PCL is a security framework that prevents smart contract exploits by enforcing user-defined security rules (assertions) at the sequencer level. It stops malicious transactions before they can affect your protocol.
Why do I need the Credible Layer when I can write rules in my contracts?
There are several key advantages:
- Off-chain Execution: Rules that would be too expensive or impossible to express on-chain can be implemented as assertions.

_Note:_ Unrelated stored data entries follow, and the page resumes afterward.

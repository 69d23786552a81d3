-- ===== src/Server/Launch.antt =====
-- src/main.rs: the server that is started, before it listens.
use sodp.Base.{
  ℕ, String, ◌≡◌, ◌↔◌, refl, sym, ap, ◌∙◌, Option, true, none, some, none-ne-some, some-injective,
  List, Option-cases, inl, inr,
}
use sodp.Base.IdMap.{IdMap}
use sodp.Json.{Value}
use sodp.Frame.{Bytes}
use sodp.Acl.{AclRegistry}
use sodp.Schema.{SchemaRegistry}
use sodp.Log.{Codec}
use sodp.State.{load_entries}
use sodp.Server.Startup.{Env, SodpServer, new, new_persistent, with_schema, read_jwt_config}
use sodp.Server.Startup.Keys.{read_jwt_config-none}

-- What comes of `SODP_REDIS_URL`: unset, no connection, no state, or the state that is there.
pub data Redis : Type 0 where
  unset : Redis
  connect_failed : Redis
  load_failed : Redis
  loaded : List (String × ℕ × Value) → Redis

-- `.filter(|s| !s.is_empty())`
abbrev pub nonempty : Option String → Option String
nonempty (some (String.◌∷◌ c s)) = some (String.◌∷◌ c s)
nonempty _ = none

-- Without Redis the server stays as it is; with it, the subscriber is started.
unfoldable pub join_cluster : Redis → SodpServer → SodpServer
join_cluster (loaded entries) server = record server {
  state = load_entries server.state entries;
  cluster = true;
}
join_cluster unset server = server
join_cluster connect_failed server = server
join_cluster load_failed server = server

-- The file system: the contents of a log directory, and of a schema file that can be read.
module _ (env : Env) (read_to_string : String → Option String)
    (acl_file : String → Option AclRegistry) (codec : Codec) (log_files : String → IdMap Bytes)
    (schema_file : String → Option SchemaRegistry) where
  abbrev files_at : Option String → Option (IdMap Bytes)
  files_at none = none
  files_at (some dir) = some (log_files dir)

  abbrev chosen : Option String → Option String → Option SodpServer
  chosen log_dir (some schema) =
      with_schema env read_to_string acl_file codec (files_at log_dir) (schema_file schema)
  chosen none none = some (new env read_to_string acl_file)
  chosen (some dir) none = some (new_persistent env read_to_string acl_file codec (log_files dir))

  -- The arguments of the program are the directory and the schema file; none is an error exit.
  unfoldable pub launch : Option String → Option String → Redis → Option SodpServer
  unfolding join_cluster
  launch log_dir schema redis = elim (chosen (nonempty log_dir) (nonempty schema)) [
    | none ↦ none
    | some server ↦ some (join_cluster redis server)
  ]

  join_cluster-jwt_config :
      (redis : Redis) (server : SodpServer)
      → (join_cluster redis server).jwt_config ≡ server.jwt_config
  unfolding join_cluster
  join_cluster-jwt_config (loaded entries) server = refl
  join_cluster-jwt_config unset server = refl
  join_cluster-jwt_config connect_failed server = refl
  join_cluster-jwt_config load_failed server = refl

  with_schema-jwt_config :
      (log_dir : Option (IdMap Bytes)) (schema : Option SchemaRegistry) (server : SodpServer)
      → with_schema env read_to_string acl_file codec log_dir schema ≡ some server
      → server.jwt_config ≡ read_jwt_config env read_to_string
  unfolding with_schema
  with_schema-jwt_config log_dir none server e = absurd (none-ne-some _ e)
  with_schema-jwt_config log_dir (some schema) server e =
      ap (λ s. s.jwt_config) (sym (some-injective _ _ e))

  chosen-jwt_config :
      (log_dir schema : Option String) (server : SodpServer)
      → chosen log_dir schema ≡ some server
      → server.jwt_config ≡ read_jwt_config env read_to_string
  unfolding new new_persistent
  chosen-jwt_config log_dir (some schema) server e = with_schema-jwt_config _ _ server e
  chosen-jwt_config none none server e = ap (λ s. s.jwt_config) (sym (some-injective _ _ e))
  chosen-jwt_config (some dir) none server e = ap (λ s. s.jwt_config) (sym (some-injective _ _ e))

  -- However the server is started, it asks for tokens as the environment says.
  pub launch-jwt_config :
      (log_dir schema : Option String) (redis : Redis) (server : SodpServer)
      → launch log_dir schema redis ≡ some server
      → server.jwt_config ≡ read_jwt_config env read_to_string
  unfolding launch
  launch-jwt_config log_dir schema redis server e =
      elim (Option-cases (chosen (nonempty log_dir) (nonempty schema))) [
        | inl failed ↦ absurd (none-ne-some _ (rw (failed, launch) at e))
        | inr (built, c) ↦
            ap (λ s. s.jwt_config) (sym (some-injective _ _ (rw (c, launch) at e)))
            ∙ join_cluster-jwt_config redis built
            ∙ chosen-jwt_config (nonempty log_dir) (nonempty schema) built c
      ]

  -- A server, however it is started, asks for no tokens exactly when the environment has neither a
  -- public key nor a secret, and names no key file or one that cannot be read.
  pub launch_open :
      (log_dir schema : Option String) (redis : Redis) (server : SodpServer)
      → launch log_dir schema redis ≡ some server
      → (server.jwt_config ≡ none) ↔ (
          (env "SODP_JWT_PUBLIC_KEY" ≡ none)
          × ((path : String)
              → env "SODP_JWT_PUBLIC_KEY_FILE" ≡ some path
              → read_to_string path ≡ none)
          × (env "SODP_JWT_SECRET" ≡ none))
  launch_open log_dir schema redis server e =
      rw (launch-jwt_config log_dir schema redis server e) (read_jwt_config-none env read_to_string)
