-- ===== src/Server/Listener.antt =====
-- src/server.rs: `listen`, with the tasks that it spawns, as a step relation on the counter.
use sodp.Base.{ℕ, ◌+◌, ◌-◌, ◌<◌, ◌≤◌, ◌≡◌, Bool, true, false, Option, none, some, if◌then◌else◌}

-- `admitting` is the accept loop between its test of the limit and the `fetch_add`; `serving` counts
-- the tasks that have not yet done their `fetch_sub`. A task that panics does
-- none and stays counted. The counter does not reach 2^64.
pub record Listener : Type 0 where
  pub max_connections : Option ℕ
  pub connections : ℕ
  pub admitting : Bool
  pub serving : ℕ

abbrev pub HasRoom : Option ℕ → ℕ → Type 0
HasRoom none n = Unit
HasRoom (some limit) n = n < limit

pub data Step (l : Listener) : Listener → Type 0 where
  accept :
      l.admitting ≡ false
      → HasRoom l.max_connections l.connections
      → Step l (record l { admitting = true })
  reject : {limit : ℕ} → l.max_connections ≡ some limit → limit ≤ l.connections → Step l l
  spawn :
      l.admitting ≡ true
      → Step l
          (record l { admitting = false; connections = l.connections + 1; serving = l.serving + 1 })
  finish :
      0 < l.serving → Step l (record l { connections = l.connections - 1; serving = l.serving - 1 })

abbrev pub idle : Option ℕ → Listener
idle max_connections = record {
  max_connections = max_connections;
  connections = 0;
  admitting = false;
  serving = 0;
}

pub data Reach (max_connections : Option ℕ) : Listener → Type 0 where
  start : Reach max_connections (idle max_connections)
  later : {l k : Listener} → Reach max_connections l → Step l k → Reach max_connections k

abbrev pub Within : Option ℕ → ℕ → Type 0
Within none n = Unit
Within (some limit) n = n ≤ limit

pub record IsCounted (max_connections : Option ℕ) (l : Listener) : Type 0 where
  pub same_limit : l.max_connections ≡ max_connections
  pub honest : l.connections ≡ l.serving
  pub limited : Within max_connections (l.connections + (if l.admitting then 1 else 0))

Our current benchmarks show around 1000x efficiency gains.
- Simpler Security Model: Instead of handling all edge cases in your contract, you define states that should never occur
- No Redeployment: Add new security rules without modifying your existing contracts
- Comprehensive Protection: Define protocol-wide invariants that span multiple contracts
How does PCL differ from other security approaches?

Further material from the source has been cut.